For the records below, print the lines from the line with "0xca ∷ 0xbc" through the line with "0x2d ∷ 0xd9" exactly as written; include both end lines and exclude the rest.

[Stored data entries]
################
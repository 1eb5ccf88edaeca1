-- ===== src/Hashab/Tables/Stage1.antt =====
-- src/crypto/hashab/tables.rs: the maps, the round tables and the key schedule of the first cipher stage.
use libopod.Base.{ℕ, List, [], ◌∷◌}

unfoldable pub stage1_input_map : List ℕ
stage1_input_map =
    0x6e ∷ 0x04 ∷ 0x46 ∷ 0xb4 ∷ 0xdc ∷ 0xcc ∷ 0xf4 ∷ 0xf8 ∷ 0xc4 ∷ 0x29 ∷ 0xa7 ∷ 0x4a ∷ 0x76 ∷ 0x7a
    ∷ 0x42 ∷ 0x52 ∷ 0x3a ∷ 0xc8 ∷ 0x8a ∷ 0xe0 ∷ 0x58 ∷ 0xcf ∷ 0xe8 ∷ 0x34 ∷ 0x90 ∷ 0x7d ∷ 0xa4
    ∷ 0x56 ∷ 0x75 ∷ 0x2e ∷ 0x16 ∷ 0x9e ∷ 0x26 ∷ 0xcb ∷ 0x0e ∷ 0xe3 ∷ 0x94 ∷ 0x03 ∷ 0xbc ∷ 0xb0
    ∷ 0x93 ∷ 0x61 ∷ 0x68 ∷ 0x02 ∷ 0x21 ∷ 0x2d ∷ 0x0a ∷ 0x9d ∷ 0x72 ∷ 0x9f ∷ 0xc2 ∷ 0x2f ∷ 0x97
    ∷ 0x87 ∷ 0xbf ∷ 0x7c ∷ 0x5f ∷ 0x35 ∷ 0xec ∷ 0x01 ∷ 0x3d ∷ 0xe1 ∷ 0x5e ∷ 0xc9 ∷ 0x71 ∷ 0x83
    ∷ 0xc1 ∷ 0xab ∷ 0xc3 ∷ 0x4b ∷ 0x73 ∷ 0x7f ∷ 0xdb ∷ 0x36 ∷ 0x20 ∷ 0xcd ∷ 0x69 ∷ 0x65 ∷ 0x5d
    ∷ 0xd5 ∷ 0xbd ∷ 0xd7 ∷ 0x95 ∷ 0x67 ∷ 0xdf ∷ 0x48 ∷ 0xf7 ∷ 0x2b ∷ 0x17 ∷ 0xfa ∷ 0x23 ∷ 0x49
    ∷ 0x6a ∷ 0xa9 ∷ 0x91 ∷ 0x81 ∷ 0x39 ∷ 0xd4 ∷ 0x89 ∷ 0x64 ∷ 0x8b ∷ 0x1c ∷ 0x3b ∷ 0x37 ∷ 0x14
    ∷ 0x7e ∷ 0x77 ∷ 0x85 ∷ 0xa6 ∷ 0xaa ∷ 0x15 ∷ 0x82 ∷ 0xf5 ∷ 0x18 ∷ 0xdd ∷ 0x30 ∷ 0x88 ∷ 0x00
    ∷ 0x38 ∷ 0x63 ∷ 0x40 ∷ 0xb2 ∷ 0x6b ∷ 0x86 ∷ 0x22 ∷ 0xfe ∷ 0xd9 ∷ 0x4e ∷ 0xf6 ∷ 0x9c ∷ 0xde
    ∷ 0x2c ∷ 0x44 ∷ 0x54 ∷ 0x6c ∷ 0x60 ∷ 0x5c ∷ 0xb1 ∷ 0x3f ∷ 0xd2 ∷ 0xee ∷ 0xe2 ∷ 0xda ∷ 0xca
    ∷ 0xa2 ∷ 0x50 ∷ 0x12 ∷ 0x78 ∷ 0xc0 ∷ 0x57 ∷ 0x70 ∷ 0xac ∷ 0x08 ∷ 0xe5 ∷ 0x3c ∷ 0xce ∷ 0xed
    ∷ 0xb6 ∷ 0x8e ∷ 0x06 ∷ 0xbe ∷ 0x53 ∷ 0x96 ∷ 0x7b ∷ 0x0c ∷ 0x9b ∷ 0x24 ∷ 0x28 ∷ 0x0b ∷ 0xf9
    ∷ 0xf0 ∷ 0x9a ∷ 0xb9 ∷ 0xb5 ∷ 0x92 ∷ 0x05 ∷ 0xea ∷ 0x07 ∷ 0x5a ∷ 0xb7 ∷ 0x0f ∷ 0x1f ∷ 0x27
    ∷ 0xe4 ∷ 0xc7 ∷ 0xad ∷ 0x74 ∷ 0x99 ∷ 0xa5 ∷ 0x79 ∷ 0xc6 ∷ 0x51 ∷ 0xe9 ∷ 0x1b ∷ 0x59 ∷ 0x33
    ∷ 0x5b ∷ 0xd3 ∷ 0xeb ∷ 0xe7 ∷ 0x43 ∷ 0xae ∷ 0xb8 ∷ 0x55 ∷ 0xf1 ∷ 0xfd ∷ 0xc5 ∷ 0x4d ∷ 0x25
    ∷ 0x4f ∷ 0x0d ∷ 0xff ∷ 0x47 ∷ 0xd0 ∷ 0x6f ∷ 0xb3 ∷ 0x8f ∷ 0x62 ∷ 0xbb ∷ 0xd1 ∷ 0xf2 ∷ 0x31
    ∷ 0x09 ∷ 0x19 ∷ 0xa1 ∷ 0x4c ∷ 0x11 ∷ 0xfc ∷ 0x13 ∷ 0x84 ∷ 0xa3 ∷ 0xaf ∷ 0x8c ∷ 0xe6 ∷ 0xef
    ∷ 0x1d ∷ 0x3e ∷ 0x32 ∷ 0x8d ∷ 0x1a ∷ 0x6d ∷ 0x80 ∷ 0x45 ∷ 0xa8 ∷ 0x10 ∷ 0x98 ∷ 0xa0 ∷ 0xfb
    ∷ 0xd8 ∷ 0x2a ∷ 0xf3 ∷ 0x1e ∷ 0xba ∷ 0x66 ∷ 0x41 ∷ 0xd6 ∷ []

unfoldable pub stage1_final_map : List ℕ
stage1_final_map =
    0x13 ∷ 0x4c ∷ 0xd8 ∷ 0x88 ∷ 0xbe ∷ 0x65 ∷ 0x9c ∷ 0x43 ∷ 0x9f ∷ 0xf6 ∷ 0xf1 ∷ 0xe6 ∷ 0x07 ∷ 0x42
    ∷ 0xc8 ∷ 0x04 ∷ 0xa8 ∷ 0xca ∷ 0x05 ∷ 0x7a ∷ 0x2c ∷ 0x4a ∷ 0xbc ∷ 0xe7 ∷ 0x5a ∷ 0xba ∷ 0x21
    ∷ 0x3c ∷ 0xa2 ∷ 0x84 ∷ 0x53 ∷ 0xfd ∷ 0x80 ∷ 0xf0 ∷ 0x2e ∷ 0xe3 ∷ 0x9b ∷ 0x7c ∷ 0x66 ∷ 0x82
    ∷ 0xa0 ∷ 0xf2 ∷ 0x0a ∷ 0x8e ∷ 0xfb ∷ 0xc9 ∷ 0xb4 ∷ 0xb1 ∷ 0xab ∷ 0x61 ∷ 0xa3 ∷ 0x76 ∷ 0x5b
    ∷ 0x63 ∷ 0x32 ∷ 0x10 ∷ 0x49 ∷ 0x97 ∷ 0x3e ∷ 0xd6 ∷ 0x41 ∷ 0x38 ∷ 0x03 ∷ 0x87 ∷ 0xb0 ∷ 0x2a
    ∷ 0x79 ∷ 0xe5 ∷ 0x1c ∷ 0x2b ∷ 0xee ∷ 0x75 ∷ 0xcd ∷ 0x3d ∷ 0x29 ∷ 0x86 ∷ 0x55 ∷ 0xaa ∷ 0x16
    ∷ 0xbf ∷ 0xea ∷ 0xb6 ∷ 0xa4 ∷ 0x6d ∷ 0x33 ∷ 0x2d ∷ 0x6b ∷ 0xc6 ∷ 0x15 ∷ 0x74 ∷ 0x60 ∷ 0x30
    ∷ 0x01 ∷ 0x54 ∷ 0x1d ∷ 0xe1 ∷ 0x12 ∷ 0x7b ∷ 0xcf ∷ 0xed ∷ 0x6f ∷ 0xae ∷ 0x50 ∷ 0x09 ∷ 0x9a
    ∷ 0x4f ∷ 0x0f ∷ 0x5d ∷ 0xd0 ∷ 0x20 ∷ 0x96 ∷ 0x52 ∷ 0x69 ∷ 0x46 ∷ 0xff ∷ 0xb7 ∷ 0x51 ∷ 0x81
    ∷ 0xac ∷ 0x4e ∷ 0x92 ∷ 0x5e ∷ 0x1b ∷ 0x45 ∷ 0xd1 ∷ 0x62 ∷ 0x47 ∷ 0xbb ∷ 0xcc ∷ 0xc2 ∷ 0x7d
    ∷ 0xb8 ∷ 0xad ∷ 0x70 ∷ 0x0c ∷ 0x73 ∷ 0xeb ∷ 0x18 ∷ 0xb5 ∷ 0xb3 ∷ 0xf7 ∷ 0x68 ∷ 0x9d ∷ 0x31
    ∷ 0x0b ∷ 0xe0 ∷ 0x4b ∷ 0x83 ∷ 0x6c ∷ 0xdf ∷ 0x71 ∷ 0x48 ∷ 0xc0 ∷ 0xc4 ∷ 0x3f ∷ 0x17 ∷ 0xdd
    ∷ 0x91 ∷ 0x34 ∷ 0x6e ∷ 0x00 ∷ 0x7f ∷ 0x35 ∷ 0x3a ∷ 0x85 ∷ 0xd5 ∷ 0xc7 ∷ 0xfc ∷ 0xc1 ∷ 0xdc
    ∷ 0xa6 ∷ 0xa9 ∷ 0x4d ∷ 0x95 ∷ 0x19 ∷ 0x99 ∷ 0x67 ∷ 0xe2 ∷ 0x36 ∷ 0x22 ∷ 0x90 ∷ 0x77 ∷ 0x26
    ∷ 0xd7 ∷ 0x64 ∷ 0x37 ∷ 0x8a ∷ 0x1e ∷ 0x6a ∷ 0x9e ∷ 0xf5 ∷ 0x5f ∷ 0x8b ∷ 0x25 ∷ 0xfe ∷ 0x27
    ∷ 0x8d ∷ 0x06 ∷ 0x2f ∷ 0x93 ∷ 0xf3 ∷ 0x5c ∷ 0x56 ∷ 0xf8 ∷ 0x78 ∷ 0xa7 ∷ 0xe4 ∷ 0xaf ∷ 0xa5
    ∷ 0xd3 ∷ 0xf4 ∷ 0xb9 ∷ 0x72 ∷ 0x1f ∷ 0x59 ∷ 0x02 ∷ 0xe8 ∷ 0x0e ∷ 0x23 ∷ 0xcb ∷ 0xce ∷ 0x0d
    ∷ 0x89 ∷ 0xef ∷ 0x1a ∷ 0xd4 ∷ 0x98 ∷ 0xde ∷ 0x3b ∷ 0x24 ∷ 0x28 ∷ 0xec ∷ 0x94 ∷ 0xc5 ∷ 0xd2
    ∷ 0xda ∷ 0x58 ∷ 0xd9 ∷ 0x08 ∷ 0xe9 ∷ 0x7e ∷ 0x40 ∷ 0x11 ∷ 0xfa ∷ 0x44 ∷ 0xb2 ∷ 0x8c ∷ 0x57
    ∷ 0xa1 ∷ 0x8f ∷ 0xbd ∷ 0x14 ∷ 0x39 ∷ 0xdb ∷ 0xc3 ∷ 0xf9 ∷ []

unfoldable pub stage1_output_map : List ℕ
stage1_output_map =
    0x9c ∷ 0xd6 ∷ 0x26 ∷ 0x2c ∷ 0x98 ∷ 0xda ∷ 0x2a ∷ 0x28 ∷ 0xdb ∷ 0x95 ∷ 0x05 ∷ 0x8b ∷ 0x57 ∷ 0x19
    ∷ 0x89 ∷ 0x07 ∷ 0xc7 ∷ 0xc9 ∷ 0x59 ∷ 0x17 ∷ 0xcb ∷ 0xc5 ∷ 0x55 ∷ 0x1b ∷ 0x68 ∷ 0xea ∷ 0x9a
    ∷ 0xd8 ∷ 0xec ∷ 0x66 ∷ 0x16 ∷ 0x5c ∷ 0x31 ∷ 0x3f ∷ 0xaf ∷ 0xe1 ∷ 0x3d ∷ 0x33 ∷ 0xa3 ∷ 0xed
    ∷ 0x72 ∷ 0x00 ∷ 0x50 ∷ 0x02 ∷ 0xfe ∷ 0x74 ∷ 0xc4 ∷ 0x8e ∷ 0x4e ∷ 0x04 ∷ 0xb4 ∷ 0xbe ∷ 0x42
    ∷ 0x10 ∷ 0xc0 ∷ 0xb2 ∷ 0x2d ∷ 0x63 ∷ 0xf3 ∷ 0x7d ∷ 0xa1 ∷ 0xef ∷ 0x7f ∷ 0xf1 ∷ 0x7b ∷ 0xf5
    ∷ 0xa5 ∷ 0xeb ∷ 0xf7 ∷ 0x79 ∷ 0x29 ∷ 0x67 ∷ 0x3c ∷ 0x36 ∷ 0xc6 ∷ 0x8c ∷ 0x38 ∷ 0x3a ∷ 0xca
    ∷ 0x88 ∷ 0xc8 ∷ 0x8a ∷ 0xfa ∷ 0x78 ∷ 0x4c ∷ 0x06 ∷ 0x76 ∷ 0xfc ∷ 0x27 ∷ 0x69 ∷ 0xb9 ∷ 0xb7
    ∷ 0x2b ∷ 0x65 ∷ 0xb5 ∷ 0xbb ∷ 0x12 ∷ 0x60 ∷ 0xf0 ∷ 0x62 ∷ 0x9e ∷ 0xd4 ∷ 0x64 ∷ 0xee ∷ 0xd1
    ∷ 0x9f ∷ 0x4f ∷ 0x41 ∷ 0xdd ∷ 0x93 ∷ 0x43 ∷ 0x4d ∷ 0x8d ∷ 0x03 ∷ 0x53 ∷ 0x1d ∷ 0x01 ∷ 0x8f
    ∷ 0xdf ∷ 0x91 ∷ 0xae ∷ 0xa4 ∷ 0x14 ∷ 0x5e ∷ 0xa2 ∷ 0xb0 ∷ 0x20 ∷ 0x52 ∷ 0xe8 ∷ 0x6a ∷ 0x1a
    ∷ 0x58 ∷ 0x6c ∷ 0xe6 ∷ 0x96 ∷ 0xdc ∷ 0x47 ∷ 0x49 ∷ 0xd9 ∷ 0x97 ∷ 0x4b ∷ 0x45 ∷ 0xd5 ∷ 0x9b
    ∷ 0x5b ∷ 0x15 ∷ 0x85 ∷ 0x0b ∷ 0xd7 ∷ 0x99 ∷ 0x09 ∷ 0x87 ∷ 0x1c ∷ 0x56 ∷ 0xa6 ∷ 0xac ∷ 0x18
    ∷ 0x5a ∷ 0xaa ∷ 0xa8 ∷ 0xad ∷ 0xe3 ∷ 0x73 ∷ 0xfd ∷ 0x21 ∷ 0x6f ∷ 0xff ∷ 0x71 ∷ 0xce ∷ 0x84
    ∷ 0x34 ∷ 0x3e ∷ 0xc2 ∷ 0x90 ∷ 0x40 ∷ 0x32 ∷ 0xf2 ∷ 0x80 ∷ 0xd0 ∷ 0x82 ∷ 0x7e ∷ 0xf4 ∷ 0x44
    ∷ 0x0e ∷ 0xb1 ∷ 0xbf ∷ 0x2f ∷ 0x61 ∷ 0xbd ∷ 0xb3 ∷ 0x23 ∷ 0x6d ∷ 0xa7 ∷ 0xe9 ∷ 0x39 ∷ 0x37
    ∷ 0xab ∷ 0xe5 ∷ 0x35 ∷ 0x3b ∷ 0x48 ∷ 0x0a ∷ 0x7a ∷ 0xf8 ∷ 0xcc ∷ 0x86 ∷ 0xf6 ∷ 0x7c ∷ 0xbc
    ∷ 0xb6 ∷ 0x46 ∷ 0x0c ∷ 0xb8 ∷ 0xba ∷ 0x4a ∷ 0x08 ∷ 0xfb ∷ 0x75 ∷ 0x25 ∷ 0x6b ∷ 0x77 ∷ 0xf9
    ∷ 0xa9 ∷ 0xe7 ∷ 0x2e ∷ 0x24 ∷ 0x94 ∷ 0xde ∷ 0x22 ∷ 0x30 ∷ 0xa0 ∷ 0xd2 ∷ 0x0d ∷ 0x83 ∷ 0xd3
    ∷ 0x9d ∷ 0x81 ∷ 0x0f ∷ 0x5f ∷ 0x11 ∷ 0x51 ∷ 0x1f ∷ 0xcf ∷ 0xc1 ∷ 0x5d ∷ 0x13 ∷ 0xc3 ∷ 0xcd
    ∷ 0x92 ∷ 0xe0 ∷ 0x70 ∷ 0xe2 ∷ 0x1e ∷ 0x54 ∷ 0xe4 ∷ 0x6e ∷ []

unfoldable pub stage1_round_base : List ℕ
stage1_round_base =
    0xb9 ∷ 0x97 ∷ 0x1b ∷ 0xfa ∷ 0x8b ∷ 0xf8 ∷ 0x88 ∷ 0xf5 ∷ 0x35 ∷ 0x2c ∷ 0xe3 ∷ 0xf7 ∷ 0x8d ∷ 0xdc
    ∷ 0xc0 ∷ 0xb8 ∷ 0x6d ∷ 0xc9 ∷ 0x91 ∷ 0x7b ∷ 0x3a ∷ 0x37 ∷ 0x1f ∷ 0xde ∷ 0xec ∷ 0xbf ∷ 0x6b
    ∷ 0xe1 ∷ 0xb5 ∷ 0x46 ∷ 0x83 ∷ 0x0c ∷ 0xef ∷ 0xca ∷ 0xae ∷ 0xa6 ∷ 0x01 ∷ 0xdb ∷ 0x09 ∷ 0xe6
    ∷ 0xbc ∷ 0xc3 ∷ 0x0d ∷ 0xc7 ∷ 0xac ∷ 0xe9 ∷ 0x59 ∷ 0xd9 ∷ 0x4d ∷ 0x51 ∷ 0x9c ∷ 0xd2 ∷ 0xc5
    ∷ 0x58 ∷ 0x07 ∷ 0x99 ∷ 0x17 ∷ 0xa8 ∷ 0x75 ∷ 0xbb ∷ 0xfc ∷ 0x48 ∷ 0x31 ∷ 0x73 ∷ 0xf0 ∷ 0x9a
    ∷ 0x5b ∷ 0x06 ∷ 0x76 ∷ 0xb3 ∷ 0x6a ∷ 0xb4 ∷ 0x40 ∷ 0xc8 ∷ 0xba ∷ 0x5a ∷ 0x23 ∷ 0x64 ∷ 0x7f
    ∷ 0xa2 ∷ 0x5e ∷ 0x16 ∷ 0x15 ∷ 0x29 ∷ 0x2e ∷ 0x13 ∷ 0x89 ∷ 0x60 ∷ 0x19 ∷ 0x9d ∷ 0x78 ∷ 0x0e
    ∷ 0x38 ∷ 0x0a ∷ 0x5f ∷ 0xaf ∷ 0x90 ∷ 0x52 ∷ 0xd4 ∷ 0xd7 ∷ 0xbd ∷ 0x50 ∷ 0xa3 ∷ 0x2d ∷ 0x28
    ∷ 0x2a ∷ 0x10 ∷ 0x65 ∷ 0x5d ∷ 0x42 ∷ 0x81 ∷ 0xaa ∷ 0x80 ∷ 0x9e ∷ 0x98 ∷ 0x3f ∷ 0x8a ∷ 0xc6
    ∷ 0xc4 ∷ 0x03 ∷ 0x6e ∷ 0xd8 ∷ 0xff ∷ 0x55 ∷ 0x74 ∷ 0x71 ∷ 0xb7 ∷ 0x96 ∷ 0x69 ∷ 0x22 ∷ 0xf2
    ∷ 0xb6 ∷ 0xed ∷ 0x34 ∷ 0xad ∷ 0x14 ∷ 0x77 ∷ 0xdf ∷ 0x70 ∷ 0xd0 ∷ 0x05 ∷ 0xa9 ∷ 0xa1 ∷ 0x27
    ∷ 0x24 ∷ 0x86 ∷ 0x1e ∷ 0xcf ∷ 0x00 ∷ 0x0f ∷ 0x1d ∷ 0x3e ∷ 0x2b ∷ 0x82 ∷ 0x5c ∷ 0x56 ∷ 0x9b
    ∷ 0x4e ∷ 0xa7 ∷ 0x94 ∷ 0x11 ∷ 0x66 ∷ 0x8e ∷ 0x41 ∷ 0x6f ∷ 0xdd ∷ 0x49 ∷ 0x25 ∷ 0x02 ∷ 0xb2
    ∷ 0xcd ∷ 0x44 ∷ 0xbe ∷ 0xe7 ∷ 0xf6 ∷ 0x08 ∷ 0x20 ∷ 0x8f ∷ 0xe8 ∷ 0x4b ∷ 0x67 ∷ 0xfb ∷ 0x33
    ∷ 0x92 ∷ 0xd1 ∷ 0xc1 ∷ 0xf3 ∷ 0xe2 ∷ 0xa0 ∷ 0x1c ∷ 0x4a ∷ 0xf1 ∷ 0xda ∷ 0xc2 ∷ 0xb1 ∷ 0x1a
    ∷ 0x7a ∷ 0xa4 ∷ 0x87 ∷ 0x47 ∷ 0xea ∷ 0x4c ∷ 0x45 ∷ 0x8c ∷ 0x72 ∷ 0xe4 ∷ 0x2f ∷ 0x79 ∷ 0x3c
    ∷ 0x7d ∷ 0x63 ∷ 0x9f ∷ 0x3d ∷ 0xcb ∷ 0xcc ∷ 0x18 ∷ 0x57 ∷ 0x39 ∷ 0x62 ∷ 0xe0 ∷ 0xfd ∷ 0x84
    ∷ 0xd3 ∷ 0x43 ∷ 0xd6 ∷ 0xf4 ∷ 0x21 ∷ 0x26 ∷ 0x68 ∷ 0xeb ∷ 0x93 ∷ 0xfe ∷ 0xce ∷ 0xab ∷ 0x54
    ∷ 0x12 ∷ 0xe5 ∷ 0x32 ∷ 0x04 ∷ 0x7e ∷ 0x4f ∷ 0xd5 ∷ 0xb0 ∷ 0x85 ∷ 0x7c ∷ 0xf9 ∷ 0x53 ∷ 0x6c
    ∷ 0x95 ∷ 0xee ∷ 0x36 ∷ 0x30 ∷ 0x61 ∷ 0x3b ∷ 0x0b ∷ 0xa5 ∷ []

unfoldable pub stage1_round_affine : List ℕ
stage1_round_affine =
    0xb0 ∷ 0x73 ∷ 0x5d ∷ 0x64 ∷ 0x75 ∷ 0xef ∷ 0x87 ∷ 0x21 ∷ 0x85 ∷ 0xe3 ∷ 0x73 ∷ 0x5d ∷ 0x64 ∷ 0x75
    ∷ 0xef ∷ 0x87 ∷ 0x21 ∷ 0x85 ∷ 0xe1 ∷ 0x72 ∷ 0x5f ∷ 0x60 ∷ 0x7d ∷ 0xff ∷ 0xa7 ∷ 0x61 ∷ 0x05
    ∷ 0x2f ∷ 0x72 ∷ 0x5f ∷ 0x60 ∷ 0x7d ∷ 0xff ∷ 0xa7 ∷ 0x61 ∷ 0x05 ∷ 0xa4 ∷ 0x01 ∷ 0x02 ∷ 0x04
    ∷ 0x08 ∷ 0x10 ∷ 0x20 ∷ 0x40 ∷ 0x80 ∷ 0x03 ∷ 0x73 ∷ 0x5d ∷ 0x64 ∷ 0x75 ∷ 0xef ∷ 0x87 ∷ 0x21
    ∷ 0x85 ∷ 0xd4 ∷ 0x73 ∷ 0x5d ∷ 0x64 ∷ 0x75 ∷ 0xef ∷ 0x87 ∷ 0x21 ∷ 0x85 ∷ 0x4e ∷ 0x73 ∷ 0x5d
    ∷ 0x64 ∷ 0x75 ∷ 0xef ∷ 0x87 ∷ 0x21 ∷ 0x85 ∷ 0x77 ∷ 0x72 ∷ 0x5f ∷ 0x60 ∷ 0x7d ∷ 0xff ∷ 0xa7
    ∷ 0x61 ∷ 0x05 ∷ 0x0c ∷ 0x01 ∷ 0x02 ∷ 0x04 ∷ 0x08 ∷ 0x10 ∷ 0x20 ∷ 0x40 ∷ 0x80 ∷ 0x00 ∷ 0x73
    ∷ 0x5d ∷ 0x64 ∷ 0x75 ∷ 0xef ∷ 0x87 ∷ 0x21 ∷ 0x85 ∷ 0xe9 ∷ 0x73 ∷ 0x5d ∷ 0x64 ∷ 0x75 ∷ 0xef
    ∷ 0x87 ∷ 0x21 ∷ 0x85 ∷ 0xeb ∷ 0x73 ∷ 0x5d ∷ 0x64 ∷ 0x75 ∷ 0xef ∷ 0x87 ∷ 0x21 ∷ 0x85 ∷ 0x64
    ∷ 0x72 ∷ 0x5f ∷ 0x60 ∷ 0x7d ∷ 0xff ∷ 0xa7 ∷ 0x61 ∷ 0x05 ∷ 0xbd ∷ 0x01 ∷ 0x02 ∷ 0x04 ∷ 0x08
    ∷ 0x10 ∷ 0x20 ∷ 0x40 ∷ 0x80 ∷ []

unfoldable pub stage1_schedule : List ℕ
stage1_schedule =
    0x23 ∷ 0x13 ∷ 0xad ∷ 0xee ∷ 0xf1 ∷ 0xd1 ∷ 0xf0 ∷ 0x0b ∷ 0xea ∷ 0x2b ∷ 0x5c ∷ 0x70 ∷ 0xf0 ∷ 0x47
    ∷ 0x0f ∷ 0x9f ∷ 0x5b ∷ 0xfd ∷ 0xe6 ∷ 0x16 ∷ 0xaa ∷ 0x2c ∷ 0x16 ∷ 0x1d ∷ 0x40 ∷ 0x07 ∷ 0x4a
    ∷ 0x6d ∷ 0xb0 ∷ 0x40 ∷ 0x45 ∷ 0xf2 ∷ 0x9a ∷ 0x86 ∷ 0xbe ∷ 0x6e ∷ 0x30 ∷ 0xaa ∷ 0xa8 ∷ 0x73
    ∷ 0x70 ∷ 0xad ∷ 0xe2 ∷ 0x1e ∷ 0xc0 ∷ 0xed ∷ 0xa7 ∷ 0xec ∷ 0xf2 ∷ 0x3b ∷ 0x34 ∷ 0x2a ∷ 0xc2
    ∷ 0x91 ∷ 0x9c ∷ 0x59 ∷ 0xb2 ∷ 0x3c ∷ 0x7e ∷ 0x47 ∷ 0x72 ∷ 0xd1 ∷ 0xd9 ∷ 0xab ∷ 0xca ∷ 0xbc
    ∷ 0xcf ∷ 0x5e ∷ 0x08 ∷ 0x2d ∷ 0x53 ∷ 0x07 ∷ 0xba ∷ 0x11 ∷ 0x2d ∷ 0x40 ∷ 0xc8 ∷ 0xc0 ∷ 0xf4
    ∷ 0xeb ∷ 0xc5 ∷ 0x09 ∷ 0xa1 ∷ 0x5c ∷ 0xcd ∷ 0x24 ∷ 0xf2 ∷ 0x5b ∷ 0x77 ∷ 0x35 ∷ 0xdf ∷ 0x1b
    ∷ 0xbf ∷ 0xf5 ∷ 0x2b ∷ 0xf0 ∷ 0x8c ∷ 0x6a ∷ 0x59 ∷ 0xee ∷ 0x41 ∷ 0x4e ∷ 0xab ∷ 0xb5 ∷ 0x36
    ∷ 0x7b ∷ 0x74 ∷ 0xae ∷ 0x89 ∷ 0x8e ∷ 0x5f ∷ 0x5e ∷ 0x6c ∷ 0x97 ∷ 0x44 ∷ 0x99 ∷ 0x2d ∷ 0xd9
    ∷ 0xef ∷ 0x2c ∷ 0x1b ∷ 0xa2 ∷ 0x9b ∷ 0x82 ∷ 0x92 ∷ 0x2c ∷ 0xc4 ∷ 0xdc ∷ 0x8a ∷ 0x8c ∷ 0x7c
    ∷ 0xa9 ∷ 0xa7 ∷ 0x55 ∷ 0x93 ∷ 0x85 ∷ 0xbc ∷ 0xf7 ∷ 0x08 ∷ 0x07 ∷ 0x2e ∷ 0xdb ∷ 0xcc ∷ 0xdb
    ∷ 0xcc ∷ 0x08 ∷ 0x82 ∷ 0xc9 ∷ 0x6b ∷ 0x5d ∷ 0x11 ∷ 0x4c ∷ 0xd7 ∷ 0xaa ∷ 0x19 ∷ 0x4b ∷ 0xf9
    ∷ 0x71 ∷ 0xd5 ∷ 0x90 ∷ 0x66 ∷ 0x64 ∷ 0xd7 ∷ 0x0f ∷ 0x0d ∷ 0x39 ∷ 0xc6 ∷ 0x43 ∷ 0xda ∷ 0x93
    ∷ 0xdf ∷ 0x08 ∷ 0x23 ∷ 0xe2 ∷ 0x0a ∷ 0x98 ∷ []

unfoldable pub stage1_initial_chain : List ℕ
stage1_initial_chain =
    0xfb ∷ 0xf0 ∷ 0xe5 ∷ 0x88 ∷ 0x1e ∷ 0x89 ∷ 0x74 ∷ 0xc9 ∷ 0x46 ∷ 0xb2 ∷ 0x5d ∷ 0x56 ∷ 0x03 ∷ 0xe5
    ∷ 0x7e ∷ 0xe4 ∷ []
################
> _RESULT BELOW_
    ∷ 0x91 ∷ 0x9c ∷ 0x59 ∷ 0xb2 ∷ 0x3c ∷ 0x7e ∷ 0x47 ∷ 0x72 ∷ 0xd1 ∷ 0xd9 ∷ 0xab ∷ 0xca ∷ 0xbc
    ∷ 0xcf ∷ 0x5e ∷ 0x08 ∷ 0x2d ∷ 0x53 ∷ 0x07 ∷ 0xba ∷ 0x11 ∷ 0x2d ∷ 0x40 ∷ 0xc8 ∷ 0xc0 ∷ 0xf4
    ∷ 0xeb ∷ 0xc5 ∷ 0x09 ∷ 0xa1 ∷ 0x5c ∷ 0xcd ∷ 0x24 ∷ 0xf2 ∷ 0x5b ∷ 0x77 ∷ 0x35 ∷ 0xdf ∷ 0x1b
    ∷ 0xbf ∷ 0xf5 ∷ 0x2b ∷ 0xf0 ∷ 0x8c ∷ 0x6a ∷ 0x59 ∷ 0xee ∷ 0x41 ∷ 0x4e ∷ 0xab ∷ 0xb5 ∷ 0x36
    ∷ 0x7b ∷ 0x74 ∷ 0xae ∷ 0x89 ∷ 0x8e ∷ 0x5f ∷ 0x5e ∷ 0x6c ∷ 0x97 ∷ 0x44 ∷ 0x99 ∷ 0x2d ∷ 0xd9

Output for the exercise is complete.